I am not sure if its the optimum solution however My API calls return Single and my database operations return Completable so I feel like this is the best solution for me.
public class UseCaseOneA {
public static void main(final String[] args) {
login()
.andThen(UseCaseOneA.deleteDatabaseTableA())
.andThen(UseCaseOneA.deleteDatabaseTableB())
.andThen(manufactureRecords())
.flatMapIterable(x -> x)
.flatMapSingle(record -> NetworkController.callApi(record.getPrimaryKey()))
.flatMapSingle(z -> transform(z))
.flatMapCompletable(p -> UseCaseOneA.insertDatabaseTableA(p))
.doOnComplete(() -> System.out.println("ON COMPLETE"))
.doFinally(() -> System.out.println("ON FINALLY"))
.subscribe();
}
private static Single<List<PayloadDO>> transform(final List<RemotePayload> payloads) {
return Single.create(new SingleOnSubscribe<List<PayloadDO>>() {
#Override
public void subscribe(final SingleEmitter<List<PayloadDO>> emitter) throws Exception {
System.out.println("transform - " + payloads.size());
final List<PayloadDO> payloadDOs = new ArrayList<>();
for (final RemotePayload remotePayload : payloads) {
payloadDOs.add(new PayloadDO(remotePayload.getPayload()));
}
emitter.onSuccess(payloadDOs);
}
});
}
private static Observable<List<Record>> manufactureRecords() {
final List<Record> records = new ArrayList<>();
records.add(new Record("111-111-111"));
records.add(new Record("222-222-222"));
records.add(new Record("3333-3333-3333"));
records.add(new Record("44-444-44444-44-4"));
records.add(new Record("5555-55-55-5-55-5555-5555"));
return Observable.just(records);
}
private static Completable deleteDatabaseTableA() {
return Completable.create(new CompletableOnSubscribe() {
#Override
public void subscribe(final CompletableEmitter emitter) throws Exception {
System.out.println("deleteDatabaseTableA");
emitter.onComplete();
}
});
}
private static Completable deleteDatabaseTableB() {
return Completable.create(new CompletableOnSubscribe() {
#Override
public void subscribe(final CompletableEmitter emitter) throws Exception {
System.out.println("deleteDatabaseTableB");
emitter.onComplete();
}
});
}
private static Completable insertDatabaseTableA(final List<PayloadDO> payloadDOs) {
return Completable.create(new CompletableOnSubscribe() {
#Override
public void subscribe(final CompletableEmitter emitter) throws Exception {
System.out.println("insertDatabaseTableA - " + payloadDOs);
emitter.onComplete();
}
});
}
private static Completable login() {
return Completable.complete();
}
}
This code doesn't address all my use case requirements. Namely being able to transform the remote payload records into multiple Database record types and insert each type into its own specific target databased table.

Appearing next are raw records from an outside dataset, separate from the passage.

-- ===== src/SqlText/Splitter/Within.antt =====
-- Where the tokens of a text lie, and the texts and indices that the scans look at.
use reldex.Base.{
  ℕ, zero, suc, ◌+◌, ◌-◌, ◌≤◌, ◌<◌, ◌≡◌, refl, sym, ap, ap₂, ◌∙◌, subst, none, some, List, [], ◌∷◌,
  ◌++◌, length, get_elem?, drop, append_assoc, arith, Option-cases, some-inj, inl, inr,
}
use reldex.Text.{
  Text, byte_len, byte_len-append, len_utf8, len_utf8_pos, drop_bytes, take_bytes,
  take_bytes-append, trim_end,
}
use reldex.SqlText.Token.{Token}
use reldex.SqlText.Lexer.Cuts.{Cuts}
use reldex.SqlText.Splitter.Slash.{find_newline, last_end, trailing_line_end}

-- A token that begins at `lo` or later, has a byte, ends in the text, and begins at a character.
abbrev pub IsCut : Text → ℕ → Token → Type 0
IsCut text lo t =
    (lo ≤ t.start)
    × (t.start < t.end)
    × (t.end ≤ byte_len text)
    × (byte_len (take_bytes t.start text) ≡ t.start)

abbrev pub Within : Text → ℕ → List Token → Type 0
Within text lo [] = Unit {0}
Within text lo (t ∷ ts) = IsCut text lo t × Within text lo ts

pub Cuts-Within :
    (whole before rest : Text) (pos lo : ℕ) (ts : List Token)
    → pos ≡ byte_len before
    → lo ≤ pos
    → whole ≡ before ++ rest
    → Cuts rest pos ts
    → Within whole lo ts
Cuts-Within whole before rest pos lo [] p le w c = tt
Cuts-Within whole before rest pos lo (t ∷ ts) p le w (piece, later, e, start, end, more, c) = (
  (
    omega arith,
    omega arith,
    omega (arith, ap byte_len whole_is, byte_len-append (before ++ piece) later, size),
    ap byte_len (ap₂ take_bytes (start ∙ p) w ∙ take_bytes-append before rest) ∙ sym (start ∙ p),
  ),
  Cuts-Within whole (before ++ piece) later t.end lo ts (end ∙ omega (arith, size)) (omega arith)
      whole_is c,
)
  where
    whole_is : whole ≡ (before ++ piece) ++ later
    whole_is = w ∙ ap (λ r. before ++ r) e ∙ sym (append_assoc before piece later)

    size : byte_len (before ++ piece) ≡ byte_len before + byte_len piece
    size = byte_len-append before piece

abbrev FromHead : Text → List Token → Type 0
FromHead text [] = Unit {0}
FromHead text (t ∷ ts) = Within text t.start (t ∷ ts)

-- The tokens from one of them on begin no earlier than it does.
pub Cuts-sorted :
    (whole before rest : Text) (pos : ℕ) (ts : List Token) (i : ℕ) (t : Token) (later : List Token)
    → pos ≡ byte_len before
    → whole ≡ before ++ rest
    → Cuts rest pos ts
    → drop i ts ≡ t ∷ later
    → Within whole t.start (t ∷ later)
Cuts-sorted whole before rest pos [] zero t later p w c e = absurd (ground arith)
Cuts-sorted whole before rest pos [] (suc i) t later p w c e = absurd (ground arith)
Cuts-sorted whole before rest pos (x ∷ ts) zero t later p w c e =
    subst (FromHead whole) e
      (Cuts-Within whole before rest pos x.start (x ∷ ts) p (omega (arith, c.3)) w c)
Cuts-sorted whole before rest pos (x ∷ ts) (suc i) t later p w (piece, r, eq, start, end, more, c)
      e =
    Cuts-sorted whole (before ++ piece) r x.end ts i t later
      (end ∙ omega (arith, byte_len-append before piece))
      (w ∙ ap (λ y. before ++ y) eq ∙ sym (append_assoc before piece r)) c e

Cuts-last :
    (rest : Text) (pos : ℕ) (ts : List Token)
    → Cuts rest pos ts
    → last_end pos ts ≡ pos + byte_len rest
Cuts-last rest pos [] c = omega (arith, ap byte_len c)
Cuts-last rest pos (t ∷ ts) (piece, later, e, start, end, more, c) =
    Cuts-last later t.end ts c ∙ omega (arith, ap byte_len e, byte_len-append piece later)

pub Cuts-last_end :
    (text : Text) (ts : List Token) → Cuts text 0 ts → last_end (byte_len text) ts ≡ byte_len text
Cuts-last_end text [] c = refl
Cuts-last_end text (t ∷ ts) c = Cuts-last text 0 (t ∷ ts) c ∙ omega arith

-- Lists from an index on.
drop-suc :
    {A : Type 0} (i : ℕ) (xs : List A) (y : A) (ys : List A)
    → drop i xs ≡ y ∷ ys
    → drop (suc i) xs ≡ ys
drop-suc zero [] y ys h = absurd (ground arith)
drop-suc zero (x ∷ xs) y ys h = ap (drop 1) h
drop-suc (suc i) [] y ys h = absurd (ground arith)
drop-suc (suc i) (x ∷ xs) y ys h = drop-suc i xs y ys h

pub drop-next :
    {A : Type 0} (i : ℕ) (xs : List A) (y : A) (ys : List A)
    → drop i xs ≡ y ∷ ys
    → drop (i + 1) xs ≡ ys
drop-next i xs y ys h = ap (λ n. drop n xs) next ∙ drop-suc i xs y ys h
  where
    next : i + 1 ≡ suc i
    next = omega arith

pub Within-later :
    (text : Text) (lo i j : ℕ) (ts : List Token)
    → i ≤ j
    → Within text lo (drop i ts)
    → Within text lo (drop j ts)
Within-later text lo zero zero ts le h = h
Within-later text lo (suc i) zero ts le h = absurd (omega arith)
Within-later text lo zero (suc j) [] le h = tt
Within-later text lo zero (suc j) (t ∷ ts) le h = Within-later text lo zero j ts (omega arith) h.1
Within-later text lo (suc i) (suc j) [] le h = tt
Within-later text lo (suc i) (suc j) (t ∷ ts) le h = Within-later text lo i j ts (omega arith) h

pub drop-all : (i : ℕ) (ts : List Token) → length ts ≤ i → drop i ts ≡ []
drop-all zero [] le = refl
drop-all zero (t ∷ ts) le = absurd (omega arith)
drop-all (suc i) [] le = refl
drop-all (suc i) (t ∷ ts) le = drop-all i ts (omega arith)

pub drop-get :
    (i : ℕ) (ts : List Token) (t : Token)
    → get_elem? ts i ≡ some t
    → (later : List Token) × (drop i ts ≡ t ∷ later)
drop-get zero [] t h = absurd (ground arith)
drop-get (suc i) [] t h = absurd (ground arith)
drop-get zero (x ∷ ts) t h = (ts, ap (λ y. y ∷ ts) (some-inj x t h))
drop-get (suc i) (x ∷ ts) t h = drop-get i ts t h

pub get-none : (i : ℕ) (ts : List Token) → get_elem? ts i ≡ none → length ts ≤ i
get-none i [] h = omega arith
get-none zero (x ∷ ts) h = absurd (ground arith)
get-none (suc i) (x ∷ ts) h = omega (arith, get-none i ts h)

pub get-some : (i : ℕ) (ts : List Token) (t : Token) → get_elem? ts i ≡ some t → i < length ts
get-some i [] t h = absurd (ground arith)
get-some zero (x ∷ ts) t h = omega arith
get-some (suc i) (x ∷ ts) t h = omega (arith, get-some i ts t h)

-- The ends of lines.
byte_len-drop_bytes : (n : ℕ) (t : Text) → byte_len (drop_bytes n t) ≤ byte_len t - n
byte_len-drop_bytes n [] = omega arith
byte_len-drop_bytes n (c ∷ t) = ground (arith, byte_len-drop_bytes (n - len_utf8 c) t)

find_newline-lt : (t : Text) (p : ℕ) → find_newline t ≡ some p → p < byte_len t
unfolding find_newline
find_newline-lt [] p h = absurd (ground arith)
find_newline-lt (c ∷ t) p h = elim (Option-cases (find_newline t)) [
  | inl e ↦ ground (arith, len_utf8_pos c)
  | inr found ↦ ground (arith, len_utf8_pos c, find_newline-lt t found.0 found.1, found.1)
]

pub trailing_line_end-bounds :
    (text : Text) (from : ℕ)
    → from ≤ byte_len text
    → (from ≤ trailing_line_end text from) × (trailing_line_end text from ≤ byte_len text)
unfolding trailing_line_end
trailing_line_end-bounds text from le = elim (Option-cases (find_newline (drop_bytes from text))) [
  | inl e ↦ (ground arith, ground arith)
  | inr (p, e) ↦
      let lt = find_newline-lt (drop_bytes from text) p e in
      let size = byte_len-drop_bytes from text in (ground arith, ground arith)
]

pub trim_end-le : (t : Text) → byte_len (trim_end t) ≤ byte_len t
unfolding trim_end
trim_end-le [] = omega arith
trim_end-le (c ∷ t) = ground (arith, trim_end-le t)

I could just call the Remote API twice to get the same remote data items and transform first into one database type then secondly into the second database type, however that seems wasteful.
Is there an operand in RxJava where I can reuse the output from my API calls and transform them into another database type?
You have to index the items yourself in some manner, for example, via external counting:
Observable.defer(() -> {
AtomicInteger counter = new AtomicInteger();
return DatabaseController.fetchTable_Bs()
.subscribeOn(Schedulers.io())
.toObservable()
.flatMapIterable(b -> b)
.doOnNext(item -> {
if (counter.getAndIncrement() == 0) {
// this is the very first item
} else {
// these are the subsequent items
}
});
});
The defer is necessary to isolate the counter to the inner sequence so that repetition still works if necessary.